The main purpose of the subanalysis was to assess the survival rate of patients who underwent surgical reconstruction of the left ventricular using the Dor procedure or SAVER, compared with patients who underwent various surgical ventricular reconstruction methods, depending on surgical expediency.
Fig. 17. Meta-regression analysis of patient survival in groups 1 and 2 one year after surgical reconstruction
The subanalysis was performed on the basis of 8 publications with a total of 497 patients. The results of the studies did not reveal a statistically significant difference between the groups by age, preoperative EDVI, ESVI, EF, and NYHA class of heart failure. In group 1, the degree of mitral regurgitation was 0.8 grade higher (95% CI: 0.28– 1.25) compared to group 2 (p=0.002). There was no difference in the number of shunts and coronary artery bypass grafting operations in combination with surgical ventricular reconstruction. The meta-regression analysis of survival (Figure 17) did not reveal statistically significant differences between the two groups (p = 0.98).
The restoration of blood flow in hibernating areas of the myocardium after surgical reconstruction of the left ventricle and aortocoronary bypass leads to an improvement in systolic function [9, 10]. Additionally, reverse remodeling results in a reduction of hypertrophy, volume of the left ventricle, and restoration of its structural and geometric parameters. Since this process takes several weeks to months, assessing the patient’s condition in the mid-term period is particularly important for predicting the clinical status of the patient.
The results of the meta-analysis showed that the increase in the ejection fraction after surgery was 9% (95% CI: 6.6–11.4).
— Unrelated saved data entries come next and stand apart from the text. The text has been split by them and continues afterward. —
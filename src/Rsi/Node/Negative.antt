-- ===== src/Rsi/Node/Negative.antt =====
-- What a node does that was set up with a negative limit.
use kuka_iiqka_ros.Prelude.{ℕ, ◌+◌, true, false, List, ◌∷◌, some, ◌≡◌, refl, arith, ap, ◌∙◌}
use kuka_iiqka_ros.Double.{Double, nought, clamp, ◌≼◌}
use kuka_iiqka_ros.Double.Order.{IsOrdered}
use kuka_iiqka_ros.Xml.{Xml}
use kuka_iiqka_ros.Params.{Params}
use kuka_iiqka_ros.Sfc.Types.{zero_correction}
use kuka_iiqka_ros.Rsi.Frame.{RobFrame, SenFrame, parse_rob_frame}
use kuka_iiqka_ros.Rsi.Monitor.{u64, on_frame}
use kuka_iiqka_ros.Rsi.Limiter.{CommandLimits, clamp_axis, clamp_all}
use kuka_iiqka_ros.Rsi.Hardware.{RobotHw, configured, take_fault_clear, on_parsed, read, reply}
use kuka_iiqka_ros.Rsi.Udp.{Udp, BindAnswers}
use kuka_iiqka_ros.Rsi.Node.{Node, load_config, configure, init}

-- A negative limit turns the clamp of zero into a step of its size.
module _ {F : Type 0} ⦃d : Double F⦄ (laws : IsOrdered F) where
  open laws use {nought_refl, nought_finite, refl_of_le, le_trans, le_of_lt, not_lt_of_le, le_of_eq}

  clamp-negative :
      (lim : F)
      → d.lt lim nought ≡ true
      → d.lt nought (d.neg lim) ≡ true
      → clamp nought lim ≡ d.neg lim
  unfolding clamp
  clamp-negative lim below above =
      let le_up : lim ≼ d.neg lim =
        le_trans lim nought (d.neg lim) (le_of_lt lim nought below)
          (le_of_lt nought (d.neg lim) above) in
      ground (
        arith,
        not_lt_of_le lim nought (le_of_lt lim nought below),
        not_lt_of_le lim (d.neg lim) le_up,
      )

  clamp_axis-negative :
      (lim : F)
      → d.lt lim nought ≡ true
      → d.lt nought (d.neg lim) ≡ true
      → (clamp_axis nought lim).0 ≡ d.neg lim
  unfolding clamp_axis
  clamp_axis-negative lim below above = ground (
    arith,
    clamp-negative lim below above,
    nought_finite,
    le_of_eq (d.neg lim) nought,
    not_lt_of_le (d.neg lim) nought,
  )

  clamp_all-negative :
      (l : CommandLimits F)
      → d.lt l.max_trans nought ≡ true
      → d.lt nought (d.neg l.max_trans) ≡ true
      → let c = (clamp_all zero_correction l).0 in
        (c.x ≡ d.neg l.max_trans) × (c.y ≡ d.neg l.max_trans) × (c.z ≡ d.neg l.max_trans)
  unfolding clamp_all
  clamp_all-negative l below above =
      let e = clamp_axis-negative l.max_trans below above in (e, e, e)

  -- The interface on the first valid frame, with no controller.
  first-reply :
      (s : RobotHw F)
      → s.monitor.stats.connected ≡ true
      → s.monitor.stats.has_fault ≡ false
      → s.cart_cmd ≡ zero_correction
      → (f : SenFrame F) × ((reply s).1 ≡ some f)
        × (f.corr ≡ (clamp_all zero_correction s.limits).0)
        × (f.stop ≡ 0)
  unfolding reply
  first-reply s on ok none_set = (
    record {
      corr = (clamp_all s.cart_cmd s.limits).0;
      stop = 0;
      watchdog = u64 (s.watchdog + 1);
      ipoc = s.last_ipoc;
    },
    rw (on, ok) refl,
    ap (λ c. (clamp_all c s.limits).0) none_set,
    refl,
  )

  init-hw :
      (ps : Params F) (udp : Udp) (a : BindAnswers) (s : Node F)
      → init ps udp a ≡ some s
      → let c = load_config ps in s.hw ≡ configured c.limits c.max_consecutive_timeouts
  unfolding init configure
  init-hw ps udp a s made = ground arith

  read_first :
      {E : Type 0} (xml : Xml E F) (deg_to_rad : F) (l : CommandLimits F) (timeouts : ℕ) (byte : ℕ)
      (bytes : List ℕ) (g : RobFrame F)
      → parse_rob_frame xml (byte ∷ bytes) ≡ some g
      → let t = read xml deg_to_rad (configured l timeouts) (byte ∷ bytes) in
        (t.monitor.stats.connected ≡ true)
        × (t.monitor.stats.has_fault ≡ false)
        × (t.cart_cmd ≡ zero_correction)
        × (t.limits ≡ l)
  unfolding read configured on_parsed take_fault_clear on_frame
  read_first xml deg_to_rad l timeouts byte bytes g valid = rw valid (refl, refl, refl, refl)

  load_config-max_trans :
      (ps : Params F) (lim : F)
      → ps.double "max_correction_trans" ≡ some lim
      → (load_config ps).limits.max_trans ≡ lim
  unfolding load_config
  load_config-max_trans ps lim set = rw set refl

  -- Nothing checks the limits on the parameter server. Where the limit of the translations is negative,
  -- an interface that was set up with it answers the first valid frame, with no controller running,
  -- with a step of the limit's size on each of the three axes, and does not stop the robot.
  pub negative_limit :
      {E : Type 0} (xml : Xml E F) (deg_to_rad : F) (ps : Params F) (lim : F) (udp : Udp)
      (a : BindAnswers) (s : Node F) (byte : ℕ) (bytes : List ℕ) (g : RobFrame F)
      → ps.double "max_correction_trans" ≡ some lim
      → d.lt lim nought ≡ true
      → d.lt nought (d.neg lim) ≡ true
      → init ps udp a ≡ some s
      → parse_rob_frame xml (byte ∷ bytes) ≡ some g
      → (f : SenFrame F) × ((reply (read xml deg_to_rad s.hw (byte ∷ bytes))).1 ≡ some f)
        × (f.stop ≡ 0)
        × (f.corr.x ≡ d.neg lim)
        × (f.corr.y ≡ d.neg lim)
        × (f.corr.z ≡ d.neg lim)
  negative_limit xml deg_to_rad ps lim udp a s byte bytes g set below above made valid =
      let k = (load_config ps).limits in
      let n = (load_config ps).max_consecutive_timeouts in
      let t = read xml deg_to_rad (configured k n) (byte ∷ bytes) in
      let same = init-hw ps udp a s made in
      let trans = load_config-max_trans ps lim set in
      let (on, ok, none_set, limits) = read_first xml deg_to_rad k n byte bytes g valid in
      let (f, sent, corr, goes_on) = first-reply t on ok none_set in
      let (x, y, z) = clamp_all-negative k (rw trans below) (rw trans above) in
      let moved : f.corr ≡ (clamp_all zero_correction k).0 =
        corr ∙ ap (λ l. (clamp_all zero_correction l).0) limits in
      rw same (
        f,
        sent,
        goes_on,
        ap (λ c. c.x) moved ∙ x ∙ ap d.neg trans,
        ap (λ c. c.y) moved ∙ y ∙ ap d.neg trans,
        ap (λ c. c.z) moved ∙ z ∙ ap d.neg trans,
      )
Moreover, these changes are maintained throughout the first year. Thus, one year after the surgery, no statistically significant differences in EF were found (MD = 2.1; 95% CI = –0.21–4.4; p=0.075) compared to the early postoperative period. In the meta-analysis presented in the study by Ferrell (2022), it was found that before the surgery, the ejection fraction increased by 30% [28.8–31.2], and in the early postoperative period, it increased by 40.9% [39.4–42.4] [11]. Similar results were obtained in the study by Dor et al. (2011), according to which, one year after left ventricular surgical reconstruction, the left ventricular ejection fraction (LVEF) increased from 26% to 44% [28].
Unlike these data, the STICH (Surgical Treatment for Ischemic Heart Failure) study provides important information about the impact of coronary artery bypass grafting on patients with ischemic cardiomyopathy [29, 30]. According to these results, in the studied patients, the ejection fraction after surgery increased only from 21 to 27%. Apparently, the peculiarities of the surgical strategy for patients with ischemic cardiomyopathy indicated that coronary artery bypass grafting combined with drug therapy in such patients was associated with a higher risk of mortality within the first month compared to the group receiving only optimal medical treatment. The results of most studies have shown that, after surgical reconstruction of the left ventricle, there is a significant increase in ejection fraction. This is due to a decrease in wall stress and an increase in the contractile ability of the heart muscle following the removal of scar changes and the restoration of the elliptical shape of the left ventricle [31]. However, when considering the long-term perspective, especially in the 10‑year interval, the results of the STICH study indicate that the group of patients receiving coronary artery bypass grafting combined with drug therapy demonstrated higher survival rates compared to those who underwent only medical treatment without surgical intervention.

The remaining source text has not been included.